Set down each entry from the block beneath, exactly as written.

Segment Open

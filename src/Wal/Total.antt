-- ===== src/Wal/Total.antt =====
-- `Replay` ends on every file, well formed or not, and never by a panic.
use keva.Prelude.{
  ℕ, zero, suc, ◌+◌, ◌≤◌, ◌<◌, ◌≡◌, ◌⊎◌, inl, inr, refl, Option, none, some, [], arith, Bytes,
  length, take, drop, ltb, Bool-cases, ◌==◌, Outcome, ok, err, byte_at, uint_at, byte_at_in_range,
  uint_at_in_range, uint, length-drop, ltb→lt, ltb_false→le, length-take_of_le, le→leb,
}
use keva.Prelude.Reader.{IoError, eof, unexpected_eof, ◌>>=◌, return, read_full, read_full_short}
use keva.Time.{time_unix}
use keva.Wal.{
  Record, op_set, inside_record, read_value, read_record, finished, failed, replay_loop, replay,
}

-- A read that fails, or gives a value and leaves no more than it found less `n` bytes.
abbrev Reads : {A : Type 0} → ℕ → Bytes → Outcome IoError A × Bytes → Type 0
Reads {A} n s r =
    ((a : A) × (s' : Bytes) × (r ≡ (ok a, s')) × (length s' + n ≤ length s))
    ⊎ ((e : IoError) × (s' : Bytes) × (r ≡ (err e, s')))

Reads-read_full :
    (wrap : IoError → IoError) (n : ℕ) (s : Bytes)
    → ((n ≤ length s) × (read_full wrap n s ≡ (ok (take n s), drop n s)))
      ⊎ ((e : IoError) × (read_full wrap n s ≡ (err e, [])))
unfolding read_full
Reads-read_full wrap n s = elim (Bool-cases (ltb (length s) n)) [
  | inl short ↦ inr (_, read_full_short wrap s n (ltb→lt _ _ short))
  | inr long ↦ let h : n ≤ length s = ltb_false→le _ _ long in inl (h, rw (le→leb n (length s) h))
]

Reads-read_value : (op n : ℕ) (s : Bytes) → Reads 0 s (read_value op n s)
unfolding read_value
Reads-read_value op n s = elim (Bool-cases (op == op_set)) [
  | inl e ↦ rw e (elim (Reads-read_full inside_record n s) [
    | inl (h, r) ↦ inl (take n s, drop n s, r, omega (arith, length-drop n s))
    | inr (x, r) ↦ inr (x, [], r)
  ])
  | inr e ↦ rw e (inl ([], s, refl, omega arith))
]

-- `readRecord` never panics, and a record that it gives has taken 15 bytes at least.
pub Reads-read_record : (s : Bytes) → Reads 15 s (read_record s)
unfolding read_record
Reads-read_record s = elim (Reads-read_full (λ e. e) 15 s) [
  | inr (x, r) ↦ inr (x, [], rw r)
  | inl (long, r) ↦
      rw r (
        body (take 15 s) (length-take_of_le 15 s long) (drop 15 s)
          (omega (arith, length-drop 15 s)))
]
  where
    body :
        (header : Bytes)
        → length header ≡ 15
        → (t : Bytes) → length t + 15 ≤ length s
        → Reads {A = Record} 15 s (
            (do
              op ← return (byte_at header 0)
              key_len ← return (uint_at header 1 3)
              val_len ← return (uint_at header 3 7)
              expires_at ← return (uint_at header 7 15)
              key ← read_full inside_record key_len
              value ← read_value op val_len
              return (
                  ok (record {
                    op = op;
                    key = key;
                    value = value;
                    expires_at = time_unix expires_at;
                  })))
              t)
    body header e t le =
        let (op, op_e) = byte_at_in_range {E = IoError} header 0 (omega arith) in
        rw
          (
            op_e,
            uint_at_in_range {E = IoError} header 1 3 (omega arith) (omega arith),
            uint_at_in_range {E = IoError} header 3 7 (omega arith) (omega arith),
            uint_at_in_range {E = IoError} header 7 15 (omega arith) (omega arith),
          )
          (elim (Reads-read_full inside_record (uint (take 2 (drop 1 header))) t) [
            | inr (x, r) ↦ inr (x, [], rw r)
            | inl (h, r) ↦
                let k : ℕ = uint (take 2 (drop 1 header)) in
                rw r (elim (Reads-read_value op (uint (take 4 (drop 3 header))) (drop k t)) [
                  | inr (x, s', q) ↦ inr (x, s', rw q)
                  | inl (v, s', q, room) ↦ inl (
                    record {
                      op = op;
                      key = take k t;
                      value = v;
                      expires_at = time_unix (uint (take 8 (drop 7 header)));
                    },
                    s',
                    rw q,
                    omega (arith, length-drop k t),
                  )
                ])
          ])

module _ {S : Type 0} (apply : S → Record → S) where
  replay_loop_ends :
      (fuel : ℕ) (st : S) (s : Bytes)
      → length s < fuel
      → ((replay_loop apply fuel st s).1 ≡ finished)
        ⊎ ((replay_loop apply fuel st s).1 ≡ failed unexpected_eof)
  unfolding replay_loop
  replay_loop_ends zero st s h = absurd (omega arith)
  replay_loop_ends (suc fuel) st s h = elim (Reads-read_record s) [
    | inl (rec, s', e, shorter) ↦ rw e (replay_loop_ends fuel (apply st rec) s' (omega arith))
    | inr (eof, s', e) ↦ inl (rw e)
    | inr (unexpected_eof, s', e) ↦ inr (rw e)
  ]

  -- Replaying any file, well formed or not, ends: at the end of the log or with an unexpected end.
  -- The loop neither runs forever nor panics.
  pub replay_ends :
      (file : Option Bytes) (st : S)
      → ((replay apply file st).1 ≡ finished) ⊎ ((replay apply file st).1 ≡ failed unexpected_eof)
  unfolding replay
  replay_ends none st = inl refl
  replay_ends (some contents) st =
      replay_loop_ends (suc (length contents)) st contents (omega arith)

Segment Closed

◆ **TASK SOLUTION**
filename src/Wal/Total.antt
-- ===== src/Wal/Total.antt =====
-- `Replay` ends on every file, well formed or not, and never by a panic.
use keva.Prelude.{
  ℕ, zero, suc, ◌+◌, ◌≤◌, ◌<◌, ◌≡◌, ◌⊎◌, inl, inr, refl, Option, none, some, [], arith, Bytes,
  length, take, drop, ltb, Bool-cases, ◌==◌, Outcome, ok, err, byte_at, uint_at, byte_at_in_range,
  uint_at_in_range, uint, length-drop, ltb→lt, ltb_false→le, length-take_of_le, le→leb,
}
use keva.Prelude.Reader.{IoError, eof, unexpected_eof, ◌>>=◌, return, read_full, read_full_short}
use keva.Time.{time_unix}
use keva.Wal.{
  Record, op_set, inside_record, read_value, read_record, finished, failed, replay_loop, replay,
}

-- A read that fails, or gives a value and leaves no more than it found less `n` bytes.
abbrev Reads : {A : Type 0} → ℕ → Bytes → Outcome IoError A × Bytes → Type 0
Reads {A} n s r =
    ((a : A) × (s' : Bytes) × (r ≡ (ok a, s')) × (length s' + n ≤ length s))
    ⊎ ((e : IoError) × (s' : Bytes) × (r ≡ (err e, s')))

Reads-read_full :
    (wrap : IoError → IoError) (n : ℕ) (s : Bytes)
    → ((n ≤ length s) × (read_full wrap n s ≡ (ok (take n s), drop n s)))
      ⊎ ((e : IoError) × (read_full wrap n s ≡ (err e, [])))
unfolding read_full
Reads-read_full wrap n s = elim (Bool-cases (ltb (length s) n)) [
  | inl short ↦ inr (_, read_full_short wrap s n (ltb→lt _ _ short))
  | inr long ↦ let h : n ≤ length s = ltb_false→le _ _ long in inl (h, rw (le→leb n (length s) h))
]

Reads-read_value : (op n : ℕ) (s : Bytes) → Reads 0 s (read_value op n s)
unfolding read_value
Reads-read_value op n s = elim (Bool-cases (op == op_set)) [
  | inl e ↦ rw e (elim (Reads-read_full inside_record n s) [
    | inl (h, r) ↦ inl (take n s, drop n s, r, omega (arith, length-drop n s))
    | inr (x, r) ↦ inr (x, [], r)
  ])
  | inr e ↦ rw e (inl ([], s, refl, omega arith))
]

-- `readRecord` never panics, and a record that it gives has taken 15 bytes at least.
pub Reads-read_record : (s : Bytes) → Reads 15 s (read_record s)
unfolding read_record
Reads-read_record s = elim (Reads-read_full (λ e. e) 15 s) [
  | inr (x, r) ↦ inr (x, [], rw r)
  | inl (long, r) ↦
      rw r (
        body (take 15 s) (length-take_of_le 15 s long) (drop 15 s)
          (omega (arith, length-drop 15 s)))
]
  where
    body :
        (header : Bytes)
        → length header ≡ 15
        → (t : Bytes) → length t + 15 ≤ length s
        → Reads {A = Record} 15 s (
            (do
              op ← return (byte_at header 0)
              key_len ← return (uint_at header 1 3)
              val_len ← return (uint_at header 3 7)
              expires_at ← return (uint_at header 7 15)
              key ← read_full inside_record key_len
              value ← read_value op val_len
              return (
                  ok (record {
                    op = op;
                    key = key;
                    value = value;
                    expires_at = time_unix expires_at;
                  })))
              t)
    body header e t le =
        let (op, op_e) = byte_at_in_range {E = IoError} header 0 (omega arith) in
        rw
          (
            op_e,
            uint_at_in_range {E = IoError} header 1 3 (omega arith) (omega arith),
            uint_at_in_range {E = IoError} header 3 7 (omega arith) (omega arith),
            uint_at_in_range {E = IoError} header 7 15 (omega arith) (omega arith),
          )
          (elim (Reads-read_full inside_record (uint (take 2 (drop 1 header))) t) [
            | inr (x, r) ↦ inr (x, [], rw r)
            | inl (h, r) ↦
                let k : ℕ = uint (take 2 (drop 1 header)) in
                rw r (elim (Reads-read_value op (uint (take 4 (drop 3 header))) (drop k t)) [
                  | inr (x, s', q) ↦ inr (x, s', rw q)
                  | inl (v, s', q, room) ↦ inl (
                    record {
                      op = op;
                      key = take k t;
                      value = v;
                      expires_at = time_unix (uint (take 8 (drop 7 header)));
                    },
                    s',
                    rw q,
                    omega (arith, length-drop k t),
                  )
                ])
          ])

module _ {S : Type 0} (apply : S → Record → S) where
  replay_loop_ends :
      (fuel : ℕ) (st : S) (s : Bytes)
      → length s < fuel
      → ((replay_loop apply fuel st s).1 ≡ finished)
        ⊎ ((replay_loop apply fuel st s).1 ≡ failed unexpected_eof)
  unfolding replay_loop
  replay_loop_ends zero st s h = absurd (omega arith)
  replay_loop_ends (suc fuel) st s h = elim (Reads-read_record s) [
    | inl (rec, s', e, shorter) ↦ rw e (replay_loop_ends fuel (apply st rec) s' (omega arith))
    | inr (eof, s', e) ↦ inl (rw e)
    | inr (unexpected_eof, s', e) ↦ inr (rw e)
  ]

  -- Replaying any file, well formed or not, ends: at the end of the log or with an unexpected end.
  -- The loop neither runs forever nor panics.
  pub replay_ends :
      (file : Option Bytes) (st : S)
      → ((replay apply file st).1 ≡ finished) ⊎ ((replay apply file st).1 ≡ failed unexpected_eof)
  unfolding replay
  replay_ends none st = inl refl
  replay_ends (some contents) st =
      replay_loop_ends (suc (length contents)) st contents (omega arith)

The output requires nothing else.